Singer's mirror, sword and gemstone , named after the Japanese throne insignia , occupy a special place in his oeuvre. The versatile educated thinker writes in it, from a psychological, sociological and cultural-historical point of view, about Japanese peculiarities.

The study is based on observations that Singer made during his several years in Japan and his trip to China in 1935. Originally conceived in German, Singer was later to write it down or finish it in English while in exile in Australia. In Australia he also worked towards the end of the war on essential parts of the book, which was now titled Mirror, Sword and Jewel .

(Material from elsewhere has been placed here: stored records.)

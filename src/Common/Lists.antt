-- ===== src/Common/Lists.antt =====
-- Lists with Boolean tests, as the array methods of the source use them, and membership.
use Prim.Native.Nat.{ℕ, suc, ◌≤◌}
use mathlib.Core.Path.{◌≡◌, sym, refl, ap, subst, ◌∙◌}
use mathlib.Core.Logic.{◌⊎◌, inl, inr}
use mathlib.Core.Bool.{Bool, true, false, ◌||◌, ◌&&◌}
use mathlib.Core.Option.{Option, none, some}
use mathlib.Core.List.{List, [], ◌∷◌, ◌++◌, map}
use native.Mathlib.Omega.{arith}
use masterplan.Common.Tests.{if◌then◌else◌, Bool-cases}

module _ {ℓ} {A : Type ℓ} where
  abbrev pub length : List A → ℕ
  length [] = 0
  length (x ∷ xs) = suc (length xs)

  -- Holds of every element.
  abbrev pub All {κ} : (A → Type κ) → List A → Type κ
  All P [] = Unit
  All P (x ∷ xs) = P x × All P xs

  -- `xs.filter(p)`, `xs.some(p)`, `xs.find(p)` and `xs.flatMap(f)`.
  unfoldable pub filter : (A → Bool) → List A → List A
  filter p [] = []
  filter p (x ∷ xs) = if p x then x ∷ filter p xs else filter p xs

  unfoldable pub any : (A → Bool) → List A → Bool
  any p [] = false
  any p (x ∷ xs) = p x || any p xs

  unfoldable pub find : (A → Bool) → List A → Option A
  find p [] = none
  find p (x ∷ xs) = if p x then some x else find p xs

  unfoldable pub flat_map {κ} : {B : Type κ} → (A → List B) → List A → List B
  flat_map f [] = []
  flat_map f (x ∷ xs) = f x ++ flat_map f xs

  pub length-filter-le : (p : A → Bool) (xs : List A) → length (filter p xs) ≤ length xs
  unfolding filter
  length-filter-le p [] = omega arith
  length-filter-le p (x ∷ xs) = ground (arith, length-filter-le p xs)

-- Membership with its place kept; the library's `Mem` is its truncation.
abbrev pub In : {A : Type 0} → A → List A → Type 0
In a [] = ⊥
In a (x ∷ xs) = (a ≡ x) ⊎ In a xs

module _ {A : Type 0} where
  pub In-append_left : (a : A) (xs ys : List A) → In a xs → In a (xs ++ ys)
  In-append_left a [] ys h = elim h [ ]
  In-append_left a (x ∷ xs) ys (inl e) = inl e
  In-append_left a (x ∷ xs) ys (inr h) = inr (In-append_left a xs ys h)

  pub In-append_right : (a : A) (xs ys : List A) → In a ys → In a (xs ++ ys)
  In-append_right a [] ys h = h
  In-append_right a (x ∷ xs) ys h = inr (In-append_right a xs ys h)

  pub In-append_cases : (a : A) (xs ys : List A) → In a (xs ++ ys) → In a xs ⊎ In a ys
  In-append_cases a [] ys h = inr h
  In-append_cases a (x ∷ xs) ys (inl e) = inl (inl e)
  In-append_cases a (x ∷ xs) ys (inr h) = elim (In-append_cases a xs ys h) [
    | inl l ↦ inl (inr l)
    | inr r ↦ inr r
  ]

  pub All-In {κ} : (P : A → Type κ) (xs : List A) (a : A) → All P xs → In a xs → P a
  All-In P [] a h i = elim i [ ]
  All-In P (x ∷ xs) a h (inl e) = subst P (sym e) h.0
  All-In P (x ∷ xs) a h (inr r) = All-In P xs a h.1 r

  pub All-of_In {κ} : (P : A → Type κ) (xs : List A) → ((a : A) → In a xs → P a) → All P xs
  All-of_In P [] h = tt
  All-of_In P (x ∷ xs) h = (h x (inl refl), All-of_In P xs (λ a i. h a (inr i)))

  pub All-map {κ} : {P Q : A → Type κ} (xs : List A) → ((a : A) → P a → Q a) → All P xs → All Q xs
  All-map [] f h = tt
  All-map (x ∷ xs) f h = (f x h.0, All-map xs f h.1)

  In-filter_cons :
      (p : A → Bool) (x : A) (xs : List A) (a : A)
      → In a (filter p (x ∷ xs))
      → (a ≡ x) × (p x ≡ true) ⊎ In a (filter p xs)
  unfolding filter
  In-filter_cons p x xs a h = elim (Bool-cases (p x)) [
    | inl e ↦ elim (rw (e, filter) at h) [ inl q ↦ inl (q, e) | inr r ↦ inr r ]
    | inr e ↦ inr (rw (e, filter) at h)
  ]

  pub In-filter_cases :
      (p : A → Bool) (xs : List A) (a : A) → In a (filter p xs) → In a xs × (p a ≡ true)
  unfolding filter
  In-filter_cases p [] a h = elim h [ ]
  In-filter_cases p (x ∷ xs) a h = elim (In-filter_cons p x xs a h) [
    | inl q ↦ (inl q.0, ap p q.0 ∙ q.1)
    | inr r ↦ let s = In-filter_cases p xs a r in (inr s.0, s.1)
  ]

  pub In-filter : (p : A → Bool) (xs : List A) (a : A) → In a xs → p a ≡ true → In a (filter p xs)
  unfolding filter
  In-filter p [] a h e = elim h [ ]
  In-filter p (x ∷ xs) a (inl q) e = rw (ap p (sym q) ∙ e) (inl q)
  In-filter p (x ∷ xs) a (inr h) e = elim (Bool-cases (p x)) [
    | inl y ↦ rw y (inr (In-filter p xs a h e))
    | inr n ↦ rw n (In-filter p xs a h e)
  ]

module _ {A B : Type 0} where
  pub In-flat_map :
      (f : A → List B) (xs : List A) (a : A) (b : B) → In a xs → In b (f a) → In b (flat_map f xs)
  unfolding flat_map
  In-flat_map f [] a b h m = elim h [ ]
  In-flat_map f (x ∷ xs) a b (inl e) m =
      In-append_left b (f x) (flat_map f xs) (subst (λ y. In b (f y)) e m)
  In-flat_map f (x ∷ xs) a b (inr h) m =
      In-append_right b (f x) (flat_map f xs) (In-flat_map f xs a b h m)

  pub In-flat_map_cases :
      (f : A → List B) (xs : List A) (b : B) → In b (flat_map f xs) → (a : A) × In a xs × In b (f a)
  unfolding flat_map
  In-flat_map_cases f [] b h = elim h [ ]
  In-flat_map_cases f (x ∷ xs) b h = elim (In-append_cases b (f x) (flat_map f xs) h) [
    | inl l ↦ (x, inl refl, l)
    | inr r ↦ let (a, i, m) = In-flat_map_cases f xs b r in (a, inr i, m)
  ]

  pub In-map : (f : A → B) (xs : List A) (a : A) → In a xs → In (f a) (map f xs)
  In-map f [] a h = elim h [ ]
  In-map f (x ∷ xs) a (inl e) = inl (ap f e)
  In-map f (x ∷ xs) a (inr h) = inr (In-map f xs a h)

  pub In-map_cases :
      (f : A → B) (xs : List A) (b : B) → In b (map f xs) → (a : A) × In a xs × (b ≡ f a)
  In-map_cases f [] b h = elim h [ ]
  In-map_cases f (x ∷ xs) b (inl e) = (x, inl refl, e)
  In-map_cases f (x ∷ xs) b (inr h) = let (a, i, q) = In-map_cases f xs b h in (a, inr i, q)

module _ {A : Type 0} where
  pub any-true : (p : A → Bool) (xs : List A) (a : A) → In a xs → p a ≡ true → any p xs ≡ true
  unfolding any
  any-true p [] a h e = elim h [ ]
  any-true p (x ∷ xs) a (inl q) e = let px = ap p (sym q) ∙ e in ground arith
  any-true p (x ∷ xs) a (inr h) e = ground (arith, any-true p xs a h e)

  pub any_cases :
      (p : A → Bool) (xs : List A)
      → ((any p xs ≡ true) × ((a : A) × In a xs × (p a ≡ true)))
        ⊎ ((any p xs ≡ false) × ((a : A) → In a xs → p a ≡ false))
  unfolding any
  any_cases p [] = inr (refl, λ a i. elim i [ ])
  any_cases p (x ∷ xs) = elim (Bool-cases (p x)) [
    | inl e ↦ inl (rw e refl, (x, inl refl, e))
    | inr e ↦ elim (any_cases p xs) [
      | inl (h, (a, i, q)) ↦ inl (rw e h, (a, inr i, q))
      | inr (h, all) ↦ inr (rw e h, λ a. elim [ inl q ↦ ap p q ∙ e | inr i ↦ all a i ])
    ]
  ]

  pub find_cases :
      (p : A → Bool) (xs : List A)
      → ((find p xs ≡ none) × ((a : A) → In a xs → p a ≡ false))
        ⊎ ((a : A) × (find p xs ≡ some a) × In a xs × (p a ≡ true))
  unfolding find
  find_cases p [] = inl (refl, λ a i. elim i [ ])
  find_cases p (x ∷ xs) = elim (Bool-cases (p x)) [
    | inl e ↦ inr (x, rw e refl, inl refl, e)
    | inr e ↦ elim (find_cases p xs) [
      | inr (a, h, i, q) ↦ inr (a, rw e h, inr i, q)
      | inl (h, all) ↦ inl (rw e h, λ a. elim [ inl q ↦ ap p q ∙ e | inr i ↦ all a i ])
    ]
  ]

  pub filter-filter :
      (p q : A → Bool) (xs : List A) → filter p (filter q xs) ≡ filter (λ a. p a && q a) xs
  unfolding filter
  filter-filter p q [] = refl
  filter-filter p q (x ∷ xs) = elim (Bool-cases (q x)) [
    | inl e ↦ rw (e, filter) (ground (arith, filter-filter p q xs))
    | inr e ↦ rw (e, filter) (ground (arith, filter-filter p q xs))
  ]

  -- A filter keeps nothing just when no element passes.
  pub filter_cases :
      (p : A → Bool) (xs : List A)
      → ((filter p xs ≡ []) × ((a : A) → In a xs → p a ≡ false))
        ⊎ ((a : A) × (rest : List A) × (filter p xs ≡ a ∷ rest) × In a xs × (p a ≡ true))
  unfolding filter
  filter_cases p [] = inl (refl, λ a i. elim i [ ])
  filter_cases p (x ∷ xs) = elim (Bool-cases (p x)) [
    | inl e ↦ inr (x, filter p xs, rw e refl, inl refl, e)
    | inr e ↦ elim (filter_cases p xs) [
      | inr (a, rest, h, i, q) ↦ inr (a, rest, rw e h, inr i, q)
      | inl (h, all) ↦ inl (rw e h, λ a. elim [ inl q ↦ ap p q ∙ e | inr i ↦ all a i ])
    ]
  ]

-- The elements of two lists of one length are related in their places.
abbrev pub Each : {A B : Type 0} → (A → B → Type 0) → List A → List B → Type 0
Each R [] [] = Unit
Each R [] (b ∷ bs) = ⊥
Each R (x ∷ xs) [] = ⊥
Each R (x ∷ xs) (b ∷ bs) = R x b × Each R xs bs

module _ {A B : Type 0} where
  pub Each-map :
      (R : A → B → Type 0) (f : A → B) (xs : List A)
      → ((x : A) → In x xs → R x (f x))
      → Each R xs (map f xs)
  Each-map R f [] h = tt
  Each-map R f (x ∷ xs) h = (h x (inl refl), Each-map R f xs (λ y i. h y (inr i)))

  pub All-map_of :
      (P : B → Type 0) (f : A → B) (xs : List A) → ((x : A) → In x xs → P (f x)) → All P (map f xs)
  All-map_of P f [] h = tt
  All-map_of P f (x ∷ xs) h = (h x (inl refl), All-map_of P f xs (λ y i. h y (inr i)))

module _ {A : Type 0} where
  pub All-append : (P : A → Type 0) (xs ys : List A) → All P xs → All P ys → All P (xs ++ ys)
  All-append P [] ys h k = k
  All-append P (x ∷ xs) ys h k = (h.0, All-append P xs ys h.1 k)

  pub Each-refl : (R : A → A → Type 0) (xs : List A) → ((x : A) → R x x) → Each R xs xs
  Each-refl R [] h = tt
  Each-refl R (x ∷ xs) h = (h x, Each-refl R xs h)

Immediately after the Second World War , Singer sent the manuscript to various European and American publishers who, however, refused to publish it due to a lack of paper or the meanwhile changed view of Japan. It wasn't until 1973, years after Singer's death, that the book appeared in London . The German translation, which was first published by Suhrkamp Verlag in 1991 , is based on the full English-language text that Singer completed in Sydney , but also includes partial drafts and fragments of the lost German manuscript that have been preserved.

Works

  • The money as a symbol , Jena 1920.
  • State and economy since the armistice , Jena 1924.
  • Plato the Founder , Munich 1927.
  • The Life of Ancient Japan , Tokyo 1939 (not published in German).
  • The Idea of ​​Conflict , Melbourne 1949 (not published in German).
  • Mirror, sword and gem. Structures of Japanese Life , Frankfurt a. M. 1991.

literature

Web links

Individual evidence

  1. ^ W. Schwentker : Max Weber in Japan. An investigation into the history of the impact 1905-1995 , Mohr Siebeck Verlag, Tübingen 1998, p. 109.
  2. a b From the foreword to Spiegel, Schwert und Edelstein , edited and translated from English by Wolfgang Wilhelm, Frankfurt a. M. 1991, p. 9.
  3. ^ M. Landmann: Figures around Stefan George. Ten portraits . Wallstein Verlag, Göttingen 1988, p. 63 f.
  4. K. Singer: Report on the Japanese years . In: Robert Boehringer - A gift from friends, Mohr Siebeck Verlag, Tübingen 1957, p. 591 f.
  5. From the foreword to Spiegel, Schwert und Edelstein , edited and translated from English by Wolfgang Wilhelm, Frankfurt a. M. 1991, p. 16.
  6. a b From the foreword to Spiegel, Schwert und Edelstein , edited and translated from English by Wolfgang Wilhelm, Frankfurt a. M. 1991, p. 21.